ASSIGNMENT ->
Only a number is wanted here: the number of lines of the data that include "String".

*** RECORDED INFORMATION ***

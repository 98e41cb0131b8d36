-- ===== src/Wal/Persistent/Reopen.antt =====
-- PersistentRaftWal::open and the reading of its files (src/lib.rs), on what the log has written.
use rust_raft.Base.BTreeMap.{BTreeMap, get}
use mathlib.Core.Path.{subst}
use rust_raft.Wal.Persistent.Filed.{IsFiled, files_of-IsFiled, keys-files_of, read_files-calm}
use rust_raft.Wal.Persistent.Disk.{ask, bind-ok, done, list_ids, open_for_append, ◌>>=◌}
use rust_raft.Base.{
  Bool, List, String, [], add_u64, ap, arith, false, not, refl, some, sym, true, u64_max, ℕ, ◌<◌,
  ◌==◌, ◌∙◌, ◌∷◌, ◌≡◌,
}
use rust_raft.Types.{ok}
use rust_raft.Wal.Recovery.{All}
use rust_raft.Wal.Segments.{Segment}
use rust_raft.Wal.Persistent.Lines.{Codec, file_bytes}
use rust_raft.Wal.Persistent.Files.{read_files, read_segments}
use rust_raft.Wal.Persistent.Layout.{IsLayout, files_of, head-le-active}
use rust_raft.Wal.Persistent.Log.{
  PersistentRaftWal, WalOptions, ensure_segments, last_segment_id, mark_sealed, open_loaded,
  open_wal, opened, validate_options,
}
use rust_raft.Wal.Persistent.Roll.{IsSynced, calm}

module _ (codec : Codec) where
  -- Reading a directory that the log has written gives the segments that it has in memory.
  read_segments-synced :
      (w : PersistentRaftWal) (m : BTreeMap (List ℕ))
      → IsSynced codec w m
      → read_segments codec (calm m) ≡ (calm m, ok (w.segments, false))
  unfolding read_segments list_ids ask
  read_segments-synced w m h =
      let f = files_of codec w.segments in
      ap (λ x. read_segments codec (calm x)) h.files_lem
      ∙ ap (λ k. read_files codec k (calm f)) (keys-files_of codec w.segments)
      ∙ read_files-calm codec f w.active w.segments h.layout
          (files_of-IsFiled codec w.active w.segments h.layout)
      ∙ ap (λ x. (calm x, ok (w.segments, false))) (sym h.files_lem)

  seal_as :
      (s : Segment) (b : Bool) (xs ys : List Segment)
      → b ≡ s.sealed
      → xs ≡ ys
      → ◌≡◌ {A = List Segment} (record s { sealed = b } ∷ xs) (s ∷ ys)
  seal_as s b xs ys e f = ap (λ x. record s { sealed = x } ∷ xs) e ∙ ap (◌∷◌ s) f

  pub mark_sealed-layout :
      (active : ℕ) (ss : List Segment) → IsLayout codec active ss → mark_sealed active ss ≡ ss
  unfolding mark_sealed
  mark_sealed-layout active [] l = absurd l
  mark_sealed-layout active (s ∷ []) (e, h) =
      let t : (s.segment_id == active) ≡ true = ground arith in
      seal_as s (not (s.segment_id == active)) [] [] (ap not t ∙ sym h.sealed_lem) refl
  mark_sealed-layout active (s ∷ t ∷ ss) (l, h, c) =
      let f : (s.segment_id == active) ≡ false =
        ground (arith, head-le-active codec active t ss c) in
      seal_as s (not (s.segment_id == active)) (mark_sealed active (t ∷ ss)) (t ∷ ss)
        (ap not f ∙ sym h.sealed_lem) (mark_sealed-layout active (t ∷ ss) c)

  pub last_segment_id-layout :
      (active : ℕ) (ss : List Segment) → IsLayout codec active ss → last_segment_id ss ≡ active
  unfolding last_segment_id
  last_segment_id-layout active [] l = absurd l
  last_segment_id-layout active (s ∷ []) (e, h) = e
  last_segment_id-layout active (s ∷ t ∷ ss) (l, h, c) =
      unfold last_segment_id in last_segment_id-layout active (t ∷ ss) c

  -- The handle for appending, to a file that is there.
  pub open_for_append-present :
      (what : String) (id : ℕ) (b : List ℕ) (m : BTreeMap (List ℕ))
      → get id m ≡ some b
      → open_for_append what id (calm m) ≡ (calm m, ok id)
  unfolding open_for_append
  open_for_append-present what id b m e = rw (e, open_for_append) refl

  pub last-filed :
      (m : BTreeMap (List ℕ)) (active : ℕ) (ss : List Segment)
      → IsLayout codec active ss
      → All (IsFiled codec m) ss
      → (b : List ℕ) × (get active m ≡ some b)
  last-filed m active [] l a = absurd l
  last-filed m active (s ∷ []) (e, h) (f, a) =
      (file_bytes codec s.records, subst (λ k. get k m ≡ some (file_bytes codec s.records)) e f)
  last-filed m active (s ∷ t ∷ ss) (l, h, c) (f, a) = last-filed m active (t ∷ ss) c a

  pub open_loaded-synced :
      (options : WalOptions) (truncated : Bool) (active : ℕ) (ss : List Segment)
      (m : BTreeMap (List ℕ)) (b : List ℕ)
      → IsLayout codec active ss
      → get active m ≡ some b
      → open_loaded codec options (ss, truncated) (calm m) ≡ (
        calm m,
        ok (record {
          options = options;
          segments = ss;
          active = active;
          next_segment_id = add_u64 active 1;
          released_segment_count = 0;
          truncated_corrupt_tail = truncated;
        }),
      )
  unfolding open_loaded opened ensure_segments
  open_loaded-synced options truncated active [] m b l f = absurd l
  open_loaded-synced options truncated active (s ∷ ss) m b l f =
      let what : String = "failed to open WAL segment: {err}" in
      let k = last_segment_id-layout active (s ∷ ss) l in
      ap
        (λ id.
          (open_for_append what id >>= (λ a. done (record {
            options = options;
            segments = mark_sealed id (s ∷ ss);
            active = a;
            next_segment_id = add_u64 id 1;
            released_segment_count = 0;
            truncated_corrupt_tail = truncated;
          })))
            (calm m))
        k
      ∙ bind-ok (open_for_append what active)
          (λ a. done (record {
            options = options;
            segments = mark_sealed active (s ∷ ss);
            active = a;
            next_segment_id = add_u64 active 1;
            released_segment_count = 0;
            truncated_corrupt_tail = truncated;
          }))
          (calm m) (open_for_append-present what active b m f)
      ∙ ap
          (λ segments. (
            calm m,
            ok (record {
              options = options;
              segments = segments;
              active = active;
              next_segment_id = add_u64 active 1;
              released_segment_count = 0;
              truncated_corrupt_tail = truncated;
            }),
          ))
          (mark_sealed-layout active (s ∷ ss) l)

  -- Opening a directory that a log has written, with valid options and on a disk where no call
  -- fails, changes no file and gives that log again: the same segments with the same records, the
  -- same active segment and the same next id, and no corrupt tail.
  pub open_wal-synced :
      (options : WalOptions) (w : PersistentRaftWal) (m : BTreeMap (List ℕ))
      → validate_options options ≡ ok tt
      → IsSynced codec w m
      → w.next_segment_id < u64_max
      → open_wal codec options (calm m) ≡ (
        calm m,
        ok (record w {
          options = options;
          released_segment_count = 0;
          truncated_corrupt_tail = false;
        }),
      )
  unfolding open_wal
  open_wal-synced options w m v h q =
      let filed =
        subst (λ x. All (IsFiled codec x) w.segments) (sym h.files_lem)
          (files_of-IsFiled codec w.active w.segments h.layout) in
      let (b, f) = last-filed m w.active w.segments h.layout filed in
      let n : add_u64 w.active 1 ≡ w.next_segment_id = omega (arith, h.next_lem) in
      rw (v, open_wal)
        (bind-ok (read_segments codec) (open_loaded codec options) (calm m)
            (read_segments-synced w m h)
          ∙ open_loaded-synced options false w.active w.segments m b h.layout f
          ∙ ap
              (λ k. (
                calm m,
                ok (record w {
                  options = options;
                  next_segment_id = k;
                  released_segment_count = 0;
                  truncated_corrupt_tail = false;
                }),
              ))
              n)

*** End of RECORDED INFORMATION ***

RESULT OF THIS TASK ->
3